Dealing with CORS: The lambda response contains the header Access-Control-Allow-Origin for * to allow cross origin requests for GET, POST and OPTIONS requests.
8. CI/CD for backend
A github action is configured to do the following when code is pushed to /backend on the master branch:
- Run tests on the python code to report bugs.
- Zip the python code
- Upload the zip file to s3 bucket
- Update the lambda function code by retrieving the zip from the S3 bucket.
This process is shown below:
9. Building the frontend
The frontend code is built using HTML, bootstrap and Javascript. This code resides on a private S3 bucket acting as origin to cloudfront.
10. CI/CD for frontend
A github action is configured to do the following when code is pushed to /frontend on the master branch:
- Upload the code to S3 bucket.
- Invalidate the cloudfront cache to get the latest contents from the bucket.
This process is shown below:
11. Conclusion
It has been an amazing experience completing this challenge.

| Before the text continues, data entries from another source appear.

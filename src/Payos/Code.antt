-- ===== src/Payos/Code.antt =====
-- The order codes of PayOS payments: `generateUniqueOrderCode` of pos-payos.service.ts. A template of
-- digits is the number that it spells: the clock has at least nine digits, and `random` is what the
-- random number gives beyond its least value.
use stock_pilot_be.Prelude.{
  ℕ, zero, suc, ◌+◌, ◌*◌, ◌/◌, ◌%◌, ◌≤◌, ◌<◌, ◌≡◌, ◌⊎◌, Bool, false, if◌then◌else◌, Bool-cases, inl,
  inr, arith,
}

-- What one attempt reads: the time in milliseconds and the random part.
pub record Draw : Type 0 where
  pub now : ℕ
  pub random : ℕ

-- "1", four digits of the store, seven of the time, and three random ones from 100 on.
unfoldable pub candidate_code : ℕ → Draw → ℕ
candidate_code store draw =
    100_000_000_000_000
    + store % 10_000 * 10_000_000_000
    + draw.now % 10_000_000 * 1_000
    + (draw.random % 900 + 100)

-- "2", nine digits of the time, and five random ones from 10000 on.
unfoldable pub fallback_code : Draw → ℕ
fallback_code draw =
    200_000_000_000_000 + draw.now % 1_000_000_000 * 100_000 + (draw.random % 90_000 + 10_000)

-- The loop, with the attempts that are left: `taken` says that a payment has the code.
unfoldable pub find_code : ℕ → ℕ → (ℕ → Draw) → (ℕ → Bool) → ℕ
find_code zero store draws taken = fallback_code (draws zero)
find_code (suc left) store draws taken =
    let rest = find_code left store draws taken in
    let code = candidate_code store (draws (suc left)) in if taken code then rest else code

unfoldable pub unique_order_code : ℕ → (ℕ → Draw) → (ℕ → Bool) → ℕ
unfolding find_code
unique_order_code = find_code 10

-- `Number.MAX_SAFE_INTEGER`
abbrev pub max_safe_integer : ℕ
max_safe_integer = 9_007_199_254_740_991

candidate_code_range :
    (store : ℕ) (draw : Draw)
    → (100_000_000_000_000 ≤ candidate_code store draw)
      × (candidate_code store draw < 200_000_000_000_000)
      × ((candidate_code store draw / 10_000_000_000) % 10_000 ≡ store % 10_000)
unfolding candidate_code
candidate_code_range store draw = omega arith

fallback_code_range :
    (draw : Draw)
    → (200_000_000_000_000 ≤ fallback_code draw) × (fallback_code draw < 300_000_000_000_000)
unfolding fallback_code
fallback_code_range draw = omega arith

-- A code with its fifteen digits: one of the store's that is free, or a fallback.
pub record IsOrderCode (store : ℕ) (taken : ℕ → Bool) (code : ℕ) : Type 0 where
  pub long : 100_000_000_000_000 ≤ code
  pub safe : code < max_safe_integer
  pub free_or_fallback :
      ((taken code ≡ false) × ((code / 10_000_000_000) % 10_000 ≡ store % 10_000))
      ⊎ (200_000_000_000_000 ≤ code)

module _ (store : ℕ) (draws : ℕ → Draw) (taken : ℕ → Bool) where
  find_code-IsOrderCode :
      (attempts : ℕ) → IsOrderCode store taken (find_code attempts store draws taken)
  unfolding find_code
  find_code-IsOrderCode zero =
      let (low, high) = fallback_code_range (draws 0) in
      record { long = omega arith; safe = omega arith; free_or_fallback = inr low }
  find_code-IsOrderCode (suc left) =
      elim (Bool-cases (taken (candidate_code store (draws (suc left))))) [
        | inl clash ↦ rw clash (find_code-IsOrderCode left)
        | inr free ↦
            let (low, high, part) = candidate_code_range store (draws (suc left)) in
            rw free (record { long = low; safe = omega arith; free_or_fallback = inl (free, part) })
      ]

  -- The order code, whatever the clock and the random numbers give: it has fifteen digits and is below
  -- JavaScript's greatest safe integer, and it is free and carries the last four digits of the store's
  -- id, unless it is a fallback, which begins with 2 or more.
  pub unique_order_code-IsOrderCode : IsOrderCode store taken (unique_order_code store draws taken)
  unfolding unique_order_code
  unique_order_code-IsOrderCode = find_code-IsOrderCode 10
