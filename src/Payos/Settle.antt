-- ===== src/Payos/Settle.antt =====
-- What the transactions of a webhook and of a poll do: pos-payos.service.ts.
use stock_pilot_be.Prelude.{
  ℕ, ◌≡◌, refl, ◌&&◌, Bool, true, false, none, some, List, [], ◌∷◌, ◌==◌, Bool-cases, Option-cases,
  inl, inr, ap, ◌∙◌, ◌⊎◌, if◌then◌else◌,
}
use stock_pilot_be.Prelude.Int.{ℤ, pos, ◌+ℤ◌, ◌-ℤ◌}
use stock_pilot_be.Prelude.Rows.{find_first, update_all}
use stock_pilot_be.Prelude.Result.{
  Result, ◌>>=◌, ok, err, Ensures, Ensures-call, Ensures-both, Ensures-map, returns, fails,
  validation, unauthenticated, forbidden, not_found, conflict, insufficient_stock, rate_limited,
  internal, unique_violation,
}
use stock_pilot_be.Schema.{Database, Payment, PaymentStatus, Warehouse}
use stock_pilot_be.Ledger.{StockChangeItem}
use stock_pilot_be.Ledger.Normalize.{requested, IsPositive}
use stock_pilot_be.Ledger.Posting.{on_hand}
use stock_pilot_be.Ledger.Deduct.{atomic_deduct-Journal}
use stock_pilot_be.Ledger.Effect.{atomic_deduct-on_hand}
use stock_pilot_be.Ledger.Rest.{atomic_deduct-rest}
use stock_pilot_be.Orders.{deduct_lines, is_default_warehouse}
use stock_pilot_be.Orders.Stock.{IsSound, Journal-IsSound, Keeps-IsSound}
use stock_pilot_be.Payos.{
  PaymentView, settle, perform, settle_once, settle_pending, or_settled, is_pending, is_pending_row,
  set_payment,
}

-- No row of the payment is pending.
abbrev pub IsClosed : ℕ → Database → Type 0
IsClosed id db = find_first (is_pending_row id) db.payments ≡ none

-- Writing a status other than pending to the pending rows closes the payment.
pub set_payment-IsClosed :
    (id : ℕ) (status : PaymentStatus) (db : Database)
    → is_pending status ≡ false
    → IsClosed id (set_payment id status db)
set_payment-IsClosed id status db h = closed db.payments
  where
    closed :
        (ps : List Payment)
        → find_first
            (is_pending_row id)
            (update_all (is_pending_row id) (λ p. record p { status = status }) ps)
          ≡ none
    closed [] = refl
    closed (p ∷ ps) = elim (Bool-cases (is_pending_row id p)) [
      | inl e ↦ rw e (rw (h, not_both (p.id == id)) (closed ps))
      | inr e ↦ rw e (rw e (closed ps))
    ]
      where
        not_both : (b : Bool) → (b && false) ≡ false
        not_both true = refl
        not_both false = refl

-- What a settlement takes from each quantity: the order's lines, from the default warehouse.
abbrev pub taken : List StockChangeItem → Warehouse → ℕ → ℕ → ℤ
taken asked w u j = if w.id == u then pos 0 -ℤ requested j asked else pos 0

-- The settlement took its lines once, and the payment is closed.
pub record Settled (id : ℕ) (asked : List StockChangeItem) (w : Warehouse) (db db' : Database)
    : Type 0 where
  pub closed : IsClosed id db'
  pub stock : (u j : ℕ) → on_hand u j db' ≡ on_hand u j db +ℤ taken asked w u j
  pub sound : IsSound db → IsSound db'
  pub warehouses : db'.warehouses ≡ db.warehouses

settle_pending-Settled :
    (now : ℕ) (v : PaymentView) (w : Warehouse) (db : Database)
    → IsPositive (deduct_lines v.items)
    → Ensures (Settled v.payment.id (deduct_lines v.items) w db) (settle_pending now v w db)
unfolding settle_pending
settle_pending-Settled now v w db positive =
    Ensures-call
      (Ensures-both (atomic_deduct-rest _ _ (deduct_lines v.items) _) (
        Ensures-both (atomic_deduct-Journal _ _ (deduct_lines v.items) _)
          (atomic_deduct-on_hand _ _ (deduct_lines v.items) _ positive)))
      λ r (kept, (journal, moved)). returns (record {
        closed =
            ap (λ x. find_first (is_pending_row v.payment.id) x.payments) kept
            ∙ set_payment-IsClosed v.payment.id PaymentStatus.paid db refl;
        stock = moved;
        sound = λ s.
            Keeps-IsSound (record { movements = refl; balances = λ u j. refl })
              (Journal-IsSound journal
                (Keeps-IsSound (record { movements = refl; balances = λ u j. refl }) s));
        warehouses = ap (λ x. x.warehouses) kept;
      })

pub or_settled_lem :
    (Q : Database → Type 0) (db : Database) (m : Result Database)
    → Ensures Q m
    → Ensures (λ r. (r ≡ db) ⊎ Q r) (or_settled db m)
unfolding or_settled
or_settled_lem Q db (ok a) (returns q) = returns (inr q)
or_settled_lem Q db (err unique_violation) fails = returns (inl refl)
or_settled_lem Q db (err validation) fails = fails
or_settled_lem Q db (err unauthenticated) fails = fails
or_settled_lem Q db (err forbidden) fails = fails
or_settled_lem Q db (err not_found) fails = fails
or_settled_lem Q db (err conflict) fails = fails
or_settled_lem Q db (err insufficient_stock) fails = fails
or_settled_lem Q db (err rate_limited) fails = fails
or_settled_lem Q db (err internal) fails = fails

-- A settlement leaves the tables as they were, or it found the payment pending and has settled it.
abbrev pub Outcome : ℕ → List StockChangeItem → Warehouse → Database → Database → Type 0
Outcome id asked w db db' = (db' ≡ db) ⊎ ((IsClosed id db → db' ≡ db) × Settled id asked w db db')

settle_once-Outcome :
    (now : ℕ) (v : PaymentView) (w : Warehouse) (db : Database)
    → IsPositive (deduct_lines v.items)
    → Ensures (Outcome v.payment.id (deduct_lines v.items) w db) (settle_once now v w db)
unfolding settle_once
settle_once-Outcome now v w db positive =
    elim (Option-cases (find_first (is_pending_row v.payment.id) db.payments)) [
      | inl none_left ↦ rw (none_left, settle_once) (returns (inl refl))
      | inr (p, found) ↦
          rw (found, settle_once)
            (Ensures-map (settle_pending-Settled now v w db positive)
              λ r done. inr (λ closed. cc, done))
    ]

pub perform-Outcome :
    (now : ℕ) (v : PaymentView) (w : Warehouse) (db : Database)
    → IsPositive (deduct_lines v.items)
    → find_first (is_default_warehouse v.payment.store_id) db.warehouses ≡ some w
    → Ensures (Outcome v.payment.id (deduct_lines v.items) w db) (perform now (settle v) db)
unfolding perform ◌>>=◌
perform-Outcome now v w db positive found = rw found (
    Ensures-map
      (or_settled_lem _ db (settle_once now v w db) (settle_once-Outcome now v w db positive))
      λ r h. elim h [ inl same ↦ inl same | inr outcome ↦ outcome ])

I have learnt a ton from Terraform to CI/CD to AWS. It is definitely worth it for anyone who is serious about a career and cloud. Thanks to @forrestbrazeal for this amazing challenge. As for me I'm on to the next challenge, Stay tuned for another Blog post on a serverless project to automate an ETL pipeline on AWS using python.
Top comments (2)
Ah, this is awesome Thakur! It's also a really nice write-up, with lots of detail. That's also a really nice architecture diagram you put together, too.
How did you find setting up Terraform for the challenge? It can be a bit fiddly to use TF for lambda I think. Any reason you didn't go with AWS SAM? Also, how long did it take you in the end?
Great job nonetheless, congrats!! π₯³
Hi Lou!
Thanks for the appreciation. :)
1) Setting up Terraform was messy at first. It required me to think through many things such as STS auth for plan and deploy, remote backend for tf state, problems with their docs!, etc.
2) Lambda was easy actually. The API Gateway was challenging as their docs are incorrect for the API Gateway configured as proxy.
3) SAM is for serverless IaC. But my aim was to use a generic approach. Terraform is valid for multiple clouds so I thought I would learn a lot from that.
4) It took me 30 hours to finish it averaging 6 hours a week for 5 weeks.